# power heads falling



## WebHostExpert (Jan 16, 2003)

removed
MAD


----------



## NIKE (Jan 27, 2003)

i had just cleaned my 901 and ran into the simular situation i got the screen and filter of no problem but i couldn't put the f***ers back on after cleaning i had to pop it off the glass and pull it up because i had placed it under the top frame which enables you to just slide it up .i was lucky to have mine unpluged or i could of got soaked







but after putting the screen back on wich seemed oh so easy after being out of the water. it started to slide down on me to







i was like ok don't start now







but its been a couple days now and hasen't moved yet yet yet yet


----------



## Innes (Jan 13, 2003)

I dont use the suction cups or the clip thing, I just place it on the top of the tube from my UG filter, but you could get new suction cups, also if you stick them on dry glass and then add the water it might help if this is possable to do.


----------



## Sir Nathan XXI (Jan 29, 2003)

use fishing line to tie it to the lid


----------



## SnowCichlid. (Jan 10, 2003)

I think if you check some of the previous threads that this was already brought up... I think it was answered there, See if you can dig it up, maybe that will help some


----------



## Genin (Feb 4, 2003)

do you guys have your powerheads at the bottom or top of the tank?

Joe


----------



## NIKE (Jan 27, 2003)

placed at the top blowing down :smile:


----------



## SnowCichlid. (Jan 10, 2003)

MAD piranhas said:


> I was just stating what worked for me snow.
> MAD










... kind of worded that they wrong way... how about this... 
and there is also another thread started back there a while ago regarding this as well if you would like additional info...

sound a bit better







:biggrin:


----------



## Judazzz (Jan 13, 2003)

Genin said:


> do you guys have your powerheads at the bottom or top of the tank?
> 
> Joe


I want the damn thing to be half way, but it slides to the bottom gradually








But my reds don't like the current that much anyways, so I don't really bother where it's at....


----------



## SnowCichlid. (Jan 10, 2003)

My powerhead is located nearer the top of the tank wich also helps water ciculation in regards to oxygen.
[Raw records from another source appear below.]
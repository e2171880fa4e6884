-- ===== src/Sweep/Pvalue.antt =====
-- The result of `mann_whitney` (research/replica_recall/aggregate.py).
use nano_db.Common.{
  ℕ, ◌+◌, ◌*◌, ◌≤◌, ◌<◌, ◌≡◌, ap, ◌∙◌, List, ◌++◌, true, false, ◌||◌, arith, length, leb, eqb, inl,
  inr, Bool-cases, length-append, Option,
}
use nano_db.Common.Int.{ℤ, leb_ℤ}
use nano_db.Common.Frac.{Frac, IsProportion}
use nano_db.Common.Sort.{sort, length-sort}
use nano_db.Sweep.{
  RankTest, no_test, test, rank_test, mann_whitney, without_nan, at_most_one, splits, double_u,
  count_extreme,
}
use nano_db.Sweep.Rank.{double_u-sum}
use nano_db.Sweep.Splits.{choose, length-splits, choose_pos, count_extreme-le}
use nano_db.Sweep.Observed.{observed_lem}

-- What a test of samples of n1 and n2 values may give: U is at most n1 * n2 (both doubled), and p
-- is a proportion; for at most 20 values p is positive, and a fraction of the number of splits.
abbrev pub IsTested : ℕ → ℕ → RankTest → Type 0
IsTested n1 n2 no_test = (eqb n1 0 || eqb n2 0) ≡ true
IsTested n1 n2 (test u p) =
    ((eqb n1 0 || eqb n2 0) ≡ false)
    × (u ≤ 2 * (n1 * n2))
    × IsProportion p
    × (n1 + n2 ≤ 20 → (0 < p.num) × (p.den ≡ choose (n1 + n2) n1))

at_most_one-IsProportion : (p : Frac) → 0 < p.den → IsProportion (at_most_one p)
unfolding at_most_one
at_most_one-IsProportion p h = elim (Bool-cases (leb p.num p.den)) [
  | inl small ↦ simp small (record { positive = h; at_most_one = ground arith })
  | inr large ↦ simp large (record { positive = omega arith; at_most_one = omega arith })
]

module _ (tail : ℕ → ℕ → ℕ → Frac) (tail_pos : (n1 n2 u : ℕ) → 0 < (tail n1 n2 u).den) where
  exact_lem :
      (a b : List ℤ)
      → IsProportion (record {
        num =
            count_extreme
              (length a * length b)
              (double_u a b)
              (splits (length a) (sort leb_ℤ (a ++ b)));
        den = length (splits (length a) (sort leb_ℤ (a ++ b)));
      })
        × (length (splits (length a) (sort leb_ℤ (a ++ b)))
            ≡ choose (length a + length b) (length a))
  exact_lem a b =
      let all = splits (length a) (sort leb_ℤ (a ++ b)) in
      let size : length (sort leb_ℤ (a ++ b)) ≡ length a + length b =
        length-sort leb_ℤ (a ++ b) ∙ length-append a b in
      let many : length all ≡ choose (length a + length b) (length a) =
        length-splits (length a) (sort leb_ℤ (a ++ b)) ∙ ap (λ n. choose n (length a)) size in
      let pos = choose_pos (length a + length b) (length a) (omega arith) in
      (
        record {
          positive = omega (arith, many, pos);
          at_most_one = count_extreme-le (length a * length b) (double_u a b) all;
        },
        many,
      )

  rank_test_lem : (a b : List ℤ) → IsTested (length a) (length b) (rank_test tail a b)
  unfolding rank_test
  rank_test_lem a b = elim (Bool-cases (eqb (length a) 0 || eqb (length b) 0)) [
    | inl empty ↦ rw empty empty
    | inr full ↦
        let below : double_u a b ≤ 2 * (length a * length b) = omega (arith, double_u-sum a b) in
        elim (Bool-cases (leb (length a + length b) 20)) [
          | inl few ↦
              let (prop, many) = exact_lem a b in
              rw (full, few) (full, below, prop, λ _. (observed_lem a b, many))
          | inr lots ↦
              rw (full, lots)
                (
                  full,
                  below,
                  at_most_one-IsProportion (tail (length a) (length b) (double_u a b))
                      (tail_pos (length a) (length b) (double_u a b)),
                  λ q. absurd (ground arith),
                )
        ]
  ]

  -- The test gives no result exactly if a sample has no value that is not NaN. Otherwise U is at
  -- most the number of pairs and p lies in [0, 1]; for at most 20 values p is positive, and its
  -- denominator is the number of ways to choose the first sample. The approximation's denominator
  -- is not 0.
  pub mann_whitney_lem :
      (a b : List (Option ℤ))
      → IsTested (length (without_nan a)) (length (without_nan b)) (mann_whitney tail a b)
  unfolding mann_whitney
  mann_whitney_lem a b = rank_test_lem (without_nan a) (without_nan b)
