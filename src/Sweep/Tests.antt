-- ===== src/Sweep/Tests.antt =====
-- The aggregation of a sweep on small inputs.
use nano_db.Common.{ℕ, ◌≡◌, refl, List, [], ◌∷◌, true, false, arith, length, Option, none, some}
use nano_db.Common.Int.{ℤ, pos, negsuc}
use nano_db.Common.Sort.{sort}
use nano_db.Common.Frac.{Frac}
use nano_db.Sweep.{test, mann_whitney, without_nan, Heal, Phase, report_healing, mixed}
use nano_db.Sweep.Pvalue.{IsTested, mann_whitney_lem}
use nano_db.Sweep.Discover.{baseline, chaos, RunDir, discover}
use nano_db.Sweep.Discover.Accepted.{IsDiscovered, discover_lem}

abbrev half : ℕ → ℕ → ℕ → Frac
half n1 n2 u = record { num = 1; den = 2 }

abbrev low : List (Option ℤ)
low = some (pos 1) ∷ none ∷ some (pos 2) ∷ some (negsuc 4) ∷ []

abbrev high : List (Option ℤ)
high = some (pos 7) ∷ some (pos 2) ∷ some (pos 9) ∷ []

mann_whitney_lem_example :
    IsTested (length (without_nan low)) (length (without_nan high)) (mann_whitney half low high)
mann_whitney_lem_example = mann_whitney_lem half (λ n1 n2 u. omega arith) low high

small_samples : mann_whitney half low high ≡ test 1 (record { num = 4; den = 20 })
unfolding mann_whitney sort
small_samples = refl

abbrev phase : ℕ → ℕ → Phase
phase n m = record { n = n; missing = record { num = m; den = 1 } }

abbrev healed_run : Heal
healed_run = record {
  post0_30 = phase 3 40;
  post30_60 = phase 3 10;
  post60p = phase 2 1;
  healed = some true;
  recovered_frac = record { num = 39; den = 40 };
}

abbrev lost_run : Heal
lost_run = record {
  post0_30 = phase 3 40;
  post30_60 = phase 0 0;
  post60p = phase 0 0;
  healed = some false;
  recovered_frac = record { num = 0; den = 1 };
}

two_runs_mixed : report_healing ((1, healed_run) ∷ (2, lost_run) ∷ []) ≡ mixed
unfolding report_healing
two_runs_mixed = refl

abbrev three_dirs : List (RunDir ℕ)
three_dirs =
    record { seed = 1; condition = baseline; has_samples = true; dist = some "sift"; summary = 10 }
    ∷ record { seed = 2; condition = chaos; has_samples = false; dist = none; summary = 20 }
    ∷ record { seed = 3; condition = chaos; has_samples = true; dist = some "sift"; summary = 30 }
    ∷ []

discover_lem_example : IsDiscovered three_dirs (discover three_dirs)
discover_lem_example = discover_lem three_dirs
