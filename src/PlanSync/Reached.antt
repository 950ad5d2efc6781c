-- ===== src/PlanSync/Reached.antt =====
-- The rows while the loop enables the assignments of the plan.
use mathlib.Core.Path.{subst}
use over_vpn.Base.{
  ℕ, true, false, List, [], ◌∷◌, ◌++◌, Option, none, some, Text, text_eq, text_eq_iff, ◌≡◌, ◌⊎◌,
  refl, ap, ◌∙◌, sym, Bool-cases, inl, inr, Result, ok, bind-ok,
}
use over_vpn.CoreApply.{InboundMark}
use over_vpn.CoreApply.Marks.Kept.{Member}
use over_vpn.PlanSync.{
  Assignment, Db, SyncError, is_active, mem, update_assignment, row_for, enabled_row, new_row,
  with_row, is_current, enable_one, enable_wanted,
}
use over_vpn.PlanSync.Rows.{update_assignment-other, update_assignment-hit, update_assignment-Was}
use over_vpn.PlanSync.Disabled.{returned}
use over_vpn.PlanSync.Enabled.{
  ActiveFor, Member-left, Member-last, Member-snoc, Found, row_for-Found, differ, Step,
  enable_one-Step, ActiveFor-with_row,
}

module _ (user : Text) (now : ℕ) (credential : InboundMark → Result SyncError Text)
    (fresh_id : Text → Text) where
  module _ (existing : List Assignment) (wanted : List Text)
      (own : (c : Assignment) → Member c existing → c.user_id ≡ user)
      (unused : (i : Text) (c : Assignment)
        → Member c existing
        → text_eq (fresh_id i) c.id ≡ false) where
    pub record Good (rows : List Assignment) : Type 0 where
      pub present :
          (c : Assignment)
          → Member c existing
          → (r : Assignment) × Member r rows
            × (r.id ≡ c.id)
            × (r.user_id ≡ c.user_id)
            × (r.inbound_id ≡ c.inbound_id)
      pub agree :
          (r : Assignment)
          → Member r rows
          → (c : Assignment) → Member c existing
          → text_eq r.id c.id ≡ true
          → r.inbound_id ≡ c.inbound_id
      pub only :
          (r : Assignment)
          → Member r rows
          → text_eq r.user_id user ≡ true
          → is_active r ≡ true
          → mem r.inbound_id wanted ≡ true

    -- A new row.
    Good-new :
        (i secret : Text) (rows : List Assignment)
        → mem i wanted ≡ true
        → Good rows
        → Good (rows ++ new_row user now credential fresh_id i secret ∷ [])
    Good-new i secret rows w g = record {
      present = λ c m. let (r, n, a, b, d) = g.present c m in (r, Member-left r rows _ n, a, b, d);
      agree = λ r m c n h. elim (Member-snoc r _ rows m) [
        | inl old ↦ g.agree r old c n h
        | inr e ↦ absurd (
            differ (text_eq (fresh_id i) c.id) (unused i c n)
              (ap (λ x. text_eq x.id c.id) (sym e) ∙ h))
      ];
      only = λ r m u a. elim (Member-snoc r _ rows m) [
        | inl old ↦ g.only r old u a
        | inr e ↦ ap (λ x. mem x.inbound_id wanted) e ∙ w
      ];
    }

    -- A row that is enabled again.
    Good-update :
        (i secret : Text) (c : Assignment) (rows : List Assignment)
        → mem i wanted ≡ true
        → Member c existing
        → c.inbound_id ≡ i
        → Good rows
        → Good (update_assignment c.id (enabled_row user now credential fresh_id secret) rows)
    Good-update i secret c rows w mc ci g = record {
      present = λ d m.
          let (r, n, x, y, z) = g.present d m in
          elim (Bool-cases (text_eq r.id c.id)) [
            | inl hit ↦ (
              enabled_row user now credential fresh_id secret r,
              update_assignment-hit r c.id (enabled_row user now credential fresh_id secret) rows
                  hit n,
              x,
              y,
              z,
            )
            | inr miss ↦ (
              r,
              update_assignment-other r c.id (enabled_row user now credential fresh_id secret) rows
                  miss n,
              x,
              y,
              z,
            )
          ];
      agree = λ r m d n h.
          let (b, k, was) =
            update_assignment-Was r c.id (enabled_row user now credential fresh_id secret) rows m in
          elim was [
            | inl (hit, e) ↦
                ap (λ x. x.inbound_id) e ∙ g.agree b k d n (ap (λ x. text_eq x.id d.id) (sym e) ∙ h)
            | inr (miss, e) ↦
                ap (λ x. x.inbound_id) e ∙ g.agree b k d n (ap (λ x. text_eq x.id d.id) (sym e) ∙ h)
          ];
      only = λ r m u a.
          let (b, k, was) =
            update_assignment-Was r c.id (enabled_row user now credential fresh_id secret) rows m in
          elim was [
            | inl (hit, e) ↦
                ap (λ x. mem x wanted) (ap (λ x. x.inbound_id) e ∙ g.agree b k c mc hit ∙ ci) ∙ w
            | inr (miss, e) ↦
                ap (λ x. mem x.inbound_id wanted) e
                ∙ g.only b k (ap (λ x. text_eq x.user_id user) (sym e) ∙ u)
                    (ap (λ x. is_active x) (sym e) ∙ a)
          ];
    }

    Good-with_row :
        (i secret : Text) (o : Option Assignment) (rows : List Assignment)
        → mem i wanted ≡ true
        → Found i existing o
        → Good rows
        → Good (with_row user now credential fresh_id i secret o rows)
    unfolding Found
    Good-with_row i secret none rows w f g = Good-new i secret rows w g
    Good-with_row i secret (some c) rows w (mc, ci) g = Good-update i secret c rows w mc ci g

    -- The inbound of the step is active after it.
    ActiveFor-enabled :
        (i secret : Text) (o : Option Assignment) (rows : List Assignment)
        → Found i existing o
        → Good rows
        → ActiveFor user i (with_row user now credential fresh_id i secret o rows)
    unfolding Found
    ActiveFor-enabled i secret none rows f g =
        (new_row user now credential fresh_id i secret, Member-last _ rows, refl, refl, refl)
    ActiveFor-enabled i secret (some c) rows (mc, ci) g =
        let (r, n, x, y, z) = g.present c mc in
        (
          enabled_row user now credential fresh_id secret r,
          update_assignment-hit r c.id (enabled_row user now credential fresh_id secret) rows
              ((text_eq_iff r.id c.id).1 x) n,
          y ∙ own c mc,
          z ∙ ci,
          refl,
        )

    -- What the loop has reached: good rows, and an active assignment for what was active at the start.
    pub record Reached (rows : List Assignment) : Type 0 where
      pub good : Good rows
      pub held :
          (c : Assignment)
          → Member c existing
          → is_active c ≡ true
          → mem c.inbound_id wanted ≡ true
          → ActiveFor user c.inbound_id rows

    current_active :
        (i : Text) (o : Option Assignment) (rows : List Assignment)
        → Found i existing o
        → mem i wanted ≡ true
        → is_current user now credential fresh_id o ≡ true
        → Reached rows
        → ActiveFor user i rows
    unfolding Found
    current_active i none rows f w a g = absurd (differ false refl a)
    current_active i (some c) rows (mc, ci) w a g =
        subst (λ x. ActiveFor user x rows) ci (g.held c mc a (ap (λ x. mem x wanted) ci ∙ w))

    -- One step.
    stepped :
        (i : Text) (rows rows' : List Assignment)
        → mem i wanted ≡ true
        → Step user now credential fresh_id i (row_for i existing) rows rows'
        → Reached rows
        → Reached rows'
          × ActiveFor user i rows'
          × ((j : Text) → ActiveFor user j rows → ActiveFor user j rows')
    stepped i rows rows' w (inl (fine, e)) g =
        subst
          (λ x.
            Reached x
            × ActiveFor user i x
            × ((j : Text) → ActiveFor user j rows → ActiveFor user j x))
          (sym e)
          (
            g,
            current_active i (row_for i existing) rows (row_for-Found i existing) w fine g,
            λ j a. a,
          )
    stepped i rows rows' w (inr (secret, e)) g =
        subst
          (λ x.
            Reached x
            × ActiveFor user i x
            × ((j : Text) → ActiveFor user j rows → ActiveFor user j x))
          (sym e)
          (
            record {
              good =
                  Good-with_row i secret (row_for i existing) rows w (row_for-Found i existing)
                    g.good;
              held = λ c m a v.
                  ActiveFor-with_row user now credential fresh_id c.inbound_id i secret
                    (row_for i existing) rows (g.held c m a v);
            },
            ActiveFor-enabled i secret (row_for i existing) rows (row_for-Found i existing) g.good,
            λ j a.
                ActiveFor-with_row user now credential fresh_id j i secret (row_for i existing) rows
                  a,
          )

    abbrev pub AllWanted : List Text → Type 0
    AllWanted [] = Unit
    AllWanted (i ∷ is) = (mem i wanted ≡ true) × AllWanted is

    -- The loop.
    pub enable_wanted-Reached :
        (is : List Text) (db db' : Db)
        → enable_wanted user now credential fresh_id is existing db ≡ ok db'
        → AllWanted is
        → Reached db.assignments
        → Reached db'.assignments
          × ((j : Text)
              → ActiveFor user j db.assignments ⊎ (mem j is ≡ true)
              → ActiveFor user j db'.assignments)
    unfolding enable_wanted
    enable_wanted-Reached [] db db' e w g =
        let same = ap (λ x. x.assignments) (returned db db' e) in
        (
          subst Reached same g,
          λ j h. elim h [
            | inl was ↦ subst (ActiveFor user j) same was
            | inr m ↦ absurd (differ false refl m)
          ],
        )
    enable_wanted-Reached (i ∷ is) db db' e (w, ws) g =
        let (after, f, rest) =
          bind-ok (enable_one user now credential fresh_id i (row_for i existing) db) _ e in
        let (g', a, keep) =
          stepped i db.assignments after.assignments w
            (enable_one-Step user now credential fresh_id i (row_for i existing) db after f) g in
        let (end, all_active) = enable_wanted-Reached is after db' rest ws g' in
        (
          end,
          λ j h. elim h [
            | inl was ↦ all_active j (inl (keep j was))
            | inr m ↦ elim (Bool-cases (text_eq i j)) [
              | inl same ↦ all_active j (
                  inl
                    (subst (λ x. ActiveFor user x after.assignments) ((text_eq_iff i j).0 same) a))
              | inr other ↦ all_active j (inr (rw other at m))
            ]
          ],
        )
To jave it half way down cut the plastic intake tube down some from the undergravel filtration part :smile:


----------



## bobme (Feb 17, 2003)

Innes said:


> I dont use the suction cups or the clip thing, I just place it on the top of the tube from my UG filter, but you could get new suction cups, also if you stick them on dry glass and then add the water it might help if this is possable to do.


 For suction sps to work best, they " the wall" needs to be DRY, and add a tad "LIGHT" water to the cup, then add yor water back up and it should stick for life, so to speek.


----------